DATA PROVIDED:
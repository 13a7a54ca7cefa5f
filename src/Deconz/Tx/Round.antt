-- ===== src/Deconz/Tx/Round.antt =====
-- Who waits for a response after a round of the transmitting task.
use tophamm.Base.{ℕ, ℕ_discrete, ◌≡◌, refl, ◌∙◌, if_pos, some, none, List}
use tophamm.Outcome.{Build, ok, err}
use tophamm.Deconz.Errors.{Error}
use tophamm.Deconz.Wire.External.{Byteorder}
use tophamm.Deconz.Protocol.Request.{Request}
use tophamm.Deconz.Slip.Writer.{Sink}
use tophamm.Helpers.Awaiting.{lookup, register, send, handed, finish_while}
use tophamm.Helpers.Awaiting.Map.{lookup-register, lookup-remove}
use tophamm.Deconz.Tx.{send_request, transmit}

module _ ⦃bo : Byteorder⦄ {S N : Type 0} (sink : Sink S) (build : Build) where
  registered_found :
      (id : ℕ) (sender : N) (awaiting : List (ℕ × N))
      → lookup ℕ_discrete id (register ℕ_discrete id sender awaiting) ≡ some sender
  registered_found id sender awaiting =
      lookup-register ℕ_discrete id id sender awaiting ∙ if_pos (ℕ_discrete id id) refl _ _

  -- After a request that was sent, its sender was handed nothing and waits under its sequence
  -- number.
  transmit_sent :
      (id : ℕ) (request : Request) (sender : N) (awaiting : List (ℕ × N)) (s : S)
      → (send_request sink build id request s).0 ≡ ok tt
      → ((transmit sink build id request sender awaiting s).0 ≡ none)
        × (lookup ℕ_discrete id (transmit sink build id request sender awaiting s).1 ≡ some sender)
  unfolding transmit finish_while send
  transmit_sent id request sender awaiting s h = (rw h, rw h (registered_found id sender awaiting))

  -- After a request that failed, its sender was handed the error, and its sequence number is free.
  pub transmit_failed :
      (id : ℕ) (request : Request) (sender : N) (awaiting : List (ℕ × N)) (s : S) (e : Error)
      → (send_request sink build id request s).0 ≡ err e
      → ((transmit sink build id request sender awaiting s).0 ≡ some (handed sender (err e)))
        × (lookup ℕ_discrete id (transmit sink build id request sender awaiting s).1 ≡ none)
  unfolding transmit finish_while send
  transmit_failed id request sender awaiting s e h = (
    rw (h, registered_found id sender awaiting),
    rw h (
        lookup-remove ℕ_discrete id id (register ℕ_discrete id sender awaiting)
        ∙ if_pos (ℕ_discrete id id) refl _ _),
  )
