-- ===== src/Helpers.antt =====
-- The crate tophamm-helpers.
pub mod IncrementingId
pub mod Awaiting
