-- ===== src/Helpers/Awaiting/Abstract.antt =====
-- `Awaiting` of tophamm-helpers/src/awaiting.rs as a map that is nothing but its answers: which
-- sender, if any, waits for a key.
use mathlib.Core.Path.{fun_ext}
use tophamm.Base.{
  ◌≡◌, refl, ap, ◌∙◌, ite, Option-cases, inl, inr, List, [], ◌∷◌, ◌++◌, Option, none, some,
}
use tophamm.Helpers.Awaiting.{lookup, deregister, send}
use tophamm.Helpers.Awaiting.Map.{lookup-remove, lookup-register}
use tophamm.Helpers.Awaiting.Delivery.{Call, registers, sends, step, run}

abbrev pub View : Type 0 → Type 0 → Type 0
View Key S = Key → Option S

abbrev pub put : {Key S : Type 0} → Discrete Key → Key → Option S → View Key S → View Key S
put same id o view = λ j. ite (same id j) o (view j)

abbrev pub given : {S M : Type 0} → Option S → M → List (S × M)
given none message = []
given (some sender) message = (sender, message) ∷ []

module _ {Key : Type 0} {S : Type 0} {M : Type 0} (same : Discrete Key) where
  -- What a history of calls promises: a registration replaces the sender of its key, and a message
  -- is handed to the sender of its key, if there is one, and takes it away.
  abbrev pub promised : Call Key S M → View Key S × List (S × M) → View Key S × List (S × M)
  promised (registers id sender) (view, log) = (put same id (some sender) view, log)
  promised (sends id message) (view, log) = (put same id none view, given (view id) message ++ log)

  abbrev pub all_promised :
      List (Call Key S M) → View Key S × List (S × M) → View Key S × List (S × M)
  all_promised [] p = p
  all_promised (c ∷ cs) p = all_promised cs (promised c p)

  abbrev pub seen : List (Key × S) × List (S × M) → View Key S × List (S × M)
  seen (map, log) = ((λ id. lookup same id map), log)

  step-promised :
      (c : Call Key S M) (p : List (Key × S) × List (S × M))
      → seen (step same c p) ≡ promised c (seen p)
  unfolding step send deregister
  step-promised (registers id sender) (map, log) =
      ap (λ (v : View Key S). (v, log)) (fun_ext (λ j. lookup-register same id j sender map))
  step-promised (sends id message) (map, log) =
      let rest = fun_ext (λ j. lookup-remove same id j map) in
      elim (Option-cases (lookup same id map)) [
        | inl e ↦ rw e (ap (λ (v : View Key S). (v, log)) rest)
        | inr (s, e) ↦ rw e (ap (λ (v : View Key S). (v, (s, message) ∷ log)) rest)
      ]

  -- For any history of calls on an association list, the senders that wait for each key afterwards,
  -- and the messages that were handed over, in their order, are those that the map of answers
  -- promises: the order of the list, and entries that are hidden, do not show.
  pub run-all_promised :
      (cs : List (Call Key S M)) (map : List (Key × S)) (log : List (S × M))
      → seen (run same cs (map, log)) ≡ all_promised cs (seen (map, log))
  unfolding run
  run-all_promised [] map log = refl
  run-all_promised (c ∷ cs) map log =
      let (map', log') = step same c (map, log) in
      run-all_promised cs map' log' ∙ ap (all_promised cs) (step-promised c (map, log))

PROBLEM TO WORK ON:
Whenever a line in the entries holds the word "remove", copy that line.

YOUR SOLUTION:
use tophamm.Helpers.Awaiting.Map.{lookup-register, lookup-remove}
        lookup-remove ℕ_discrete id id (register ℕ_discrete id sender awaiting)
use tophamm.Helpers.Awaiting.Map.{lookup-remove, lookup-register}
      let rest = fun_ext (λ j. lookup-remove same id j map) in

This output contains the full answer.